• **TASK BRIEF**: Among the lines below, keep only those from the one containing "-- Of an event that a panic may end." through the one containing "unfolding conn_notify notified", and reproduce them exactly.

[[ STUDY MATERIAL, beginning ]]

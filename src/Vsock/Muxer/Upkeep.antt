-- ===== src/Vsock/Muxer/Upkeep.antt =====
-- The operations of `VsockMuxer`, src/devices/src/virtio/vsock/unix/muxer.rs, but for `recv_pkt`: the
-- RX queue has the key of each connection with something pending.
use mathlib.Core.Option.{none-ne-some}
use firecracker.Base.{ℕ, ◌≡◌, refl, Bool, not, Option, none, some, [], ◌==◌, if-keeps, arith}
use firecracker.Base.Maps.{nat_eq, get, remove}
use firecracker.Vsock.RxQ.{ConnMapKey, MuxerRxQ}
use firecracker.Vsock.RxQ
use firecracker.Vsock.Packet.{VsockPacket, GuestRegions}
use firecracker.Vsock.Connection.{VsockConnection, op_request, op_rst, type_stream}
use firecracker.Vsock.Muxer.{
  host_sock, Host, VsockMuxer, key_eq, enq_rst, push_rx, free_local_port, remove_conn,
  remove_connection, new,
}
use firecracker.Vsock.Muxer.Mutation.{mutate, apply_conn_mutation, acked}
use firecracker.Vsock.Muxer.Channel.{
  host_cid, target_key, request_added, requested, handle_peer_request_pkt, conn_send, route,
  send_pkt,
}
use firecracker.Vsock.Muxer.Sound.{IsSound, new_peer_init-IsSound}
use firecracker.Vsock.Muxer.Calls.{send_pkt-IsSound}
use firecracker.Vsock.Muxer.Tracked.{IsTracked, remove-IsTracked, rst-IsTracked}
use firecracker.Vsock.Muxer.Kept.{
  Tracks, remove_listener-Holds, add_listener-Holds, acked-IsSound, settle-Tracks,
}
use firecracker.Vsock.Muxer.Sweeps.{Leaves, OnAdd, add_connection-OnAdd}

module _ {S W : Type 0} where
  enq_rst-Tracks : (l p : ℕ) (mx : VsockMuxer S W) → Tracks [] mx → Tracks [] (enq_rst l p mx)
  unfolding enq_rst push_rx
  enq_rst-Tracks l p mx k = rst-IsTracked l p mx.conn_map mx.rxq k

  module _ (io : Host S W) where
    pub new-Tracks : (cid fd : ℕ) (w : W) → Tracks [] (new io cid fd w).1
    unfolding new RxQ.new get
    new-Tracks cid fd w = add_listener-Holds io (IsTracked []) fd host_sock _ (record {
      rest = [];
      parts = refl;
      bounded = omega arith;
      few = omega arith;
      sound = λ i d h. absurd (none-ne-some d h);
      tracked = λ t i d h f. absurd (none-ne-some d h);
    })

    pub remove_connection-Tracks :
        (key : ConnMapKey) (mx : VsockMuxer S W)
        → Tracks [] mx
        → Tracks [] (remove_connection io key mx)
    unfolding remove_connection free_local_port remove_conn
    remove_connection-Tracks key mx k = go (get key mx.conn_map)
      where
        go : (o : Option (VsockConnection S)) → Tracks [] (remove_conn io key mx o)
        go none = k
        go (some c) =
            remove_listener-Holds io (IsTracked []) (io.raw_fd c.stream)
              (record mx { conn_map = remove key mx.conn_map })
              (remove-IsTracked key mx.conn_map mx.rxq k)

    module _ (now : ℕ) where
      pub apply_conn_mutation-Tracks :
          {A : Type 0} (key : ConnMapKey) (f : VsockConnection S → A × VsockConnection S)
          (mx : VsockMuxer S W)
          → ((c : VsockConnection S) → IsSound c → IsSound (f c).1)
          → Tracks [] mx
          → Tracks [] (apply_conn_mutation io now key f mx).1
      unfolding apply_conn_mutation mutate
      apply_conn_mutation-Tracks {A} key f mx keeps k = go (get key mx.conn_map) refl
        where
          go :
              (o : Option (VsockConnection S))
              → get key mx.conn_map ≡ o
              → Tracks [] (mutate io now key f mx o).1
          go none h = k
          go (some c) h =
              settle-Tracks io now [] key c (acked io key c.state (f c).1) mx h
                (acked-IsSound io key c.state (f c).1 (keeps c (k.sound key c h))) k

      request_added-Leaves :
          (pkt : VsockPacket) (o : Option (Bool × VsockMuxer S W))
          → OnAdd o
          → Leaves (request_added pkt o)
      unfolding request_added
      request_added-Leaves pkt none h = h
      request_added-Leaves pkt (some (added, mx)) k =
          if-keeps (Tracks []) added k (enq_rst-Tracks pkt.hdr.dst_port pkt.hdr.src_port mx k)

      requested-Leaves :
          (pkt : VsockPacket) (mx : VsockMuxer S W) (o : Option S)
          → Tracks [] mx
          → Leaves (requested io now pkt mx o)
      unfolding requested
      requested-Leaves pkt mx none k = enq_rst-Tracks pkt.hdr.dst_port pkt.hdr.src_port mx k
      requested-Leaves pkt mx (some stream) k = request_added-Leaves pkt _ (
          add_connection-OnAdd now io (target_key pkt) _ mx
            (new_peer_init-IsSound stream host_cid mx.cid pkt.hdr.dst_port pkt.hdr.src_port
              pkt.hdr.buf_alloc)
            k)

      module _ {M R : Type 0} (gr : GuestRegions M R) (pkt : VsockPacket) (m : M) where
        conn_send-IsSound :
            (c : VsockConnection S) → IsSound c → IsSound (conn_send io gr now pkt m c).1
        unfolding conn_send
        conn_send-IsSound c h = send_pkt-IsSound io.sink gr m pkt now c h

        route-Leaves :
            (mx : VsockMuxer S W) (o : Option (VsockConnection S))
            → Tracks [] mx
            → Leaves (route io gr now pkt m mx o)
        unfolding route handle_peer_request_pkt
        route-Leaves mx none k =
            if-keeps Leaves (pkt.hdr.op == op_request)
              (requested-Leaves pkt _ (io.connect pkt.hdr.dst_port mx.host).0 k)
              (enq_rst-Tracks pkt.hdr.dst_port pkt.hdr.src_port mx k)
        route-Leaves mx (some c) k =
            if-keeps (Tracks []) (pkt.hdr.op == op_rst)
              (remove_connection-Tracks (target_key pkt) mx k)
              (apply_conn_mutation-Tracks (target_key pkt) (conn_send io gr now pkt m) mx
                conn_send-IsSound k)

        pub send_pkt-Leaves :
            (mx : VsockMuxer S W) → Tracks [] mx → Leaves (send_pkt io gr now pkt m mx)
        unfolding send_pkt
        send_pkt-Leaves mx k =
            if-keeps Leaves (not (pkt.hdr.type_of == type_stream))
              (enq_rst-Tracks pkt.hdr.dst_port pkt.hdr.src_port mx k)
              (if-keeps Leaves (not (pkt.hdr.dst_cid == host_cid)) k
                (route-Leaves mx (get (target_key pkt) mx.conn_map) k))
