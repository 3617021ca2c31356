-- ===== src/Vsock/Muxer/Noticed.antt =====
-- The events of `VsockMuxer`, src/devices/src/virtio/vsock/unix/muxer.rs: the RX queue has the key of each
-- connection with something pending.
use firecracker.Base.{
  ℕ, Bool, true, false, Option, none, some, List, [], ◌∷◌, length, ◌==◌, if-keeps,
}
use firecracker.Base.Maps.{nat_eq, get}
use firecracker.Vsock.Connection.{VsockConnection}
use firecracker.Vsock.Connection.Notify
use firecracker.Vsock.Connection.Notify.{EventSet}
use firecracker.Vsock.Muxer.{
  EpollListener, connection, host_sock, local_stream, Host, VsockMuxer, key_eq, max_connections,
}
use firecracker.Vsock.Muxer.Ports.{allocated, allocate_local_port, read_local_stream_port}
use firecracker.Vsock.Muxer.Channel.{host_cid}
use firecracker.Vsock.Muxer.Events.{
  notified, unless_panic, ignored, and_then, conn_notify, accepted, accept_host, port_allocated,
  port_read, stream_removed, handle_listener, handle_event, handle_events, handle_waited, notify,
}
use firecracker.Vsock.Muxer.Sound.{IsSound, new_local_init-IsSound}
use firecracker.Vsock.Muxer.Calls.{OnNotified, notify-IsSound}
use firecracker.Vsock.Muxer.Tracked.{IsTracked}
use firecracker.Vsock.Muxer.Kept.{Tracks, remove_listener-Holds, add_listener-Holds}
use firecracker.Vsock.Muxer.Sweeps.{OnAdd, add_connection-OnAdd}
use firecracker.Vsock.Muxer.Upkeep.{apply_conn_mutation-Tracks}

module _ {S W : Type 0} where
  -- Of an event that a panic may end.
  abbrev pub OnEvent : Option (VsockMuxer S W) → Type 0
  OnEvent none = Unit
  OnEvent (some mx) = Tracks [] mx

module _ {S W : Type 0} (io : Host S W) (now : ℕ) where
  conn_notify-IsSound :
      (evset : EventSet) (c : VsockConnection S)
      → IsSound c
      → IsSound (conn_notify io now evset c).1
  unfolding conn_notify notified
  conn_notify-IsSound evset c h =
      go (Notify.notify io.sink evset c) (notify-IsSound io.sink evset c h)
    where
      go : (o : Option (VsockConnection S)) → OnNotified o → IsSound (notified c o).1
      go none s = h
      go (some d) s = s

  unless_panic-OnEvent :
      (r : Option Bool × VsockMuxer S W) → Tracks [] r.1 → OnEvent (unless_panic r)
  unfolding unless_panic
  unless_panic-OnEvent (none, mx) k = k
  unless_panic-OnEvent (some true, mx) k = k
  unless_panic-OnEvent (some false, mx) k = tt

  ignored-OnEvent : (o : Option (Bool × VsockMuxer S W)) → OnAdd o → OnEvent (ignored o)
  unfolding ignored
  ignored-OnEvent none h = tt
  ignored-OnEvent (some (added, mx)) k = k

  accepted-Tracks :
      (mx : VsockMuxer S W) (o : Option S) → Tracks [] mx → Tracks [] (accepted io now mx o)
  unfolding accepted
  accepted-Tracks mx none k = k
  accepted-Tracks mx (some stream) k =
      add_listener-Holds io (IsTracked []) (io.raw_fd stream) (local_stream stream) mx k

  accept_host-Tracks : (mx : VsockMuxer S W) → Tracks [] mx → Tracks [] (accept_host io now mx)
  unfolding accept_host
  accept_host-Tracks mx k =
      if-keeps (Tracks []) (length mx.conn_map == max_connections) k
        (accepted-Tracks _ (io.accept mx.host).0 k)

  port_allocated-OnEvent :
      (peer_port : ℕ) (stream : S) (mx : VsockMuxer S W) (o : Option ℕ)
      → Tracks [] mx
      → OnEvent (port_allocated io now peer_port stream (allocated mx o))
  unfolding port_allocated allocated
  port_allocated-OnEvent peer_port stream mx none k = tt
  port_allocated-OnEvent peer_port stream mx (some port) k = ignored-OnEvent _ (
      add_connection-OnAdd now io _ _ _
        (new_local_init-IsSound stream host_cid mx.cid port peer_port) k)

  port_read-OnEvent :
      (mx : VsockMuxer S W) (r : Option ℕ × S) → Tracks [] mx → OnEvent (port_read io now mx r)
  unfolding port_read allocate_local_port
  port_read-OnEvent mx (none, stream) k = k
  port_read-OnEvent mx (some peer_port, stream) k = port_allocated-OnEvent peer_port stream mx _ k

  stream_removed-OnEvent :
      (r : Option (EpollListener S) × VsockMuxer S W)
      → Tracks [] r.1
      → OnEvent (stream_removed io now r)
  unfolding stream_removed
  stream_removed-OnEvent (some (local_stream stream), mx) k =
      port_read-OnEvent mx (read_local_stream_port io stream) k
  stream_removed-OnEvent (some (connection key evset), mx) k = k
  stream_removed-OnEvent (some host_sock, mx) k = k
  stream_removed-OnEvent (none, mx) k = k

  handle_listener-OnEvent :
      (fd : ℕ) (evset : EventSet) (mx : VsockMuxer S W) (o : Option (EpollListener S))
      → Tracks [] mx
      → OnEvent (handle_listener io now fd evset mx o)
  unfolding handle_listener
  handle_listener-OnEvent fd evset mx (some (connection key listed)) k = unless_panic-OnEvent _ (
      apply_conn_mutation-Tracks io now key (conn_notify io now evset) mx
        (conn_notify-IsSound evset) k)
  handle_listener-OnEvent fd evset mx (some host_sock) k = accept_host-Tracks mx k
  handle_listener-OnEvent fd evset mx (some (local_stream s)) k =
      stream_removed-OnEvent _ (remove_listener-Holds io (IsTracked []) fd mx k)
  handle_listener-OnEvent fd evset mx none k = k

  handle_events-OnEvent :
      (evs : List (ℕ × EventSet)) (mx : VsockMuxer S W)
      → Tracks [] mx
      → OnEvent (handle_events io now evs mx)
  unfolding handle_events handle_event and_then
  handle_events-OnEvent [] mx k = k
  handle_events-OnEvent ((fd, evset) ∷ evs) mx k =
      go _ (handle_listener-OnEvent fd evset mx (get fd mx.listener_map) k)
        (handle_events-OnEvent evs)
    where
      go :
          (o : Option (VsockMuxer S W))
          → OnEvent o
          → ((mx' : VsockMuxer S W) → Tracks [] mx' → OnEvent (handle_events io now evs mx'))
          → OnEvent (and_then (handle_events io now evs) o)
      go none h rest = tt
      go (some mx') h rest = rest mx' h

  pub notify-OnEvent : (mx : VsockMuxer S W) → Tracks [] mx → OnEvent (notify io now mx)
  unfolding notify handle_waited
  notify-OnEvent mx k = go (io.wait mx.host).0
    where
      go :
          (o : Option (List (ℕ × EventSet)))
          → OnEvent (handle_waited io now (record mx { host = (io.wait mx.host).1 }) o)
      go none = k
      go (some evs) = handle_events-OnEvent evs _ k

[[ STUDY MATERIAL, end ]]

• **ANSWER AREA**:
  -- Of an event that a panic may end.
  abbrev pub OnEvent : Option (VsockMuxer S W) → Type 0
  OnEvent none = Unit
  OnEvent (some mx) = Tracks [] mx

module _ {S W : Type 0} (io : Host S W) (now : ℕ) where
  conn_notify-IsSound :
      (evset : EventSet) (c : VsockConnection S)
      → IsSound c
      → IsSound (conn_notify io now evset c).1
  unfolding conn_notify notified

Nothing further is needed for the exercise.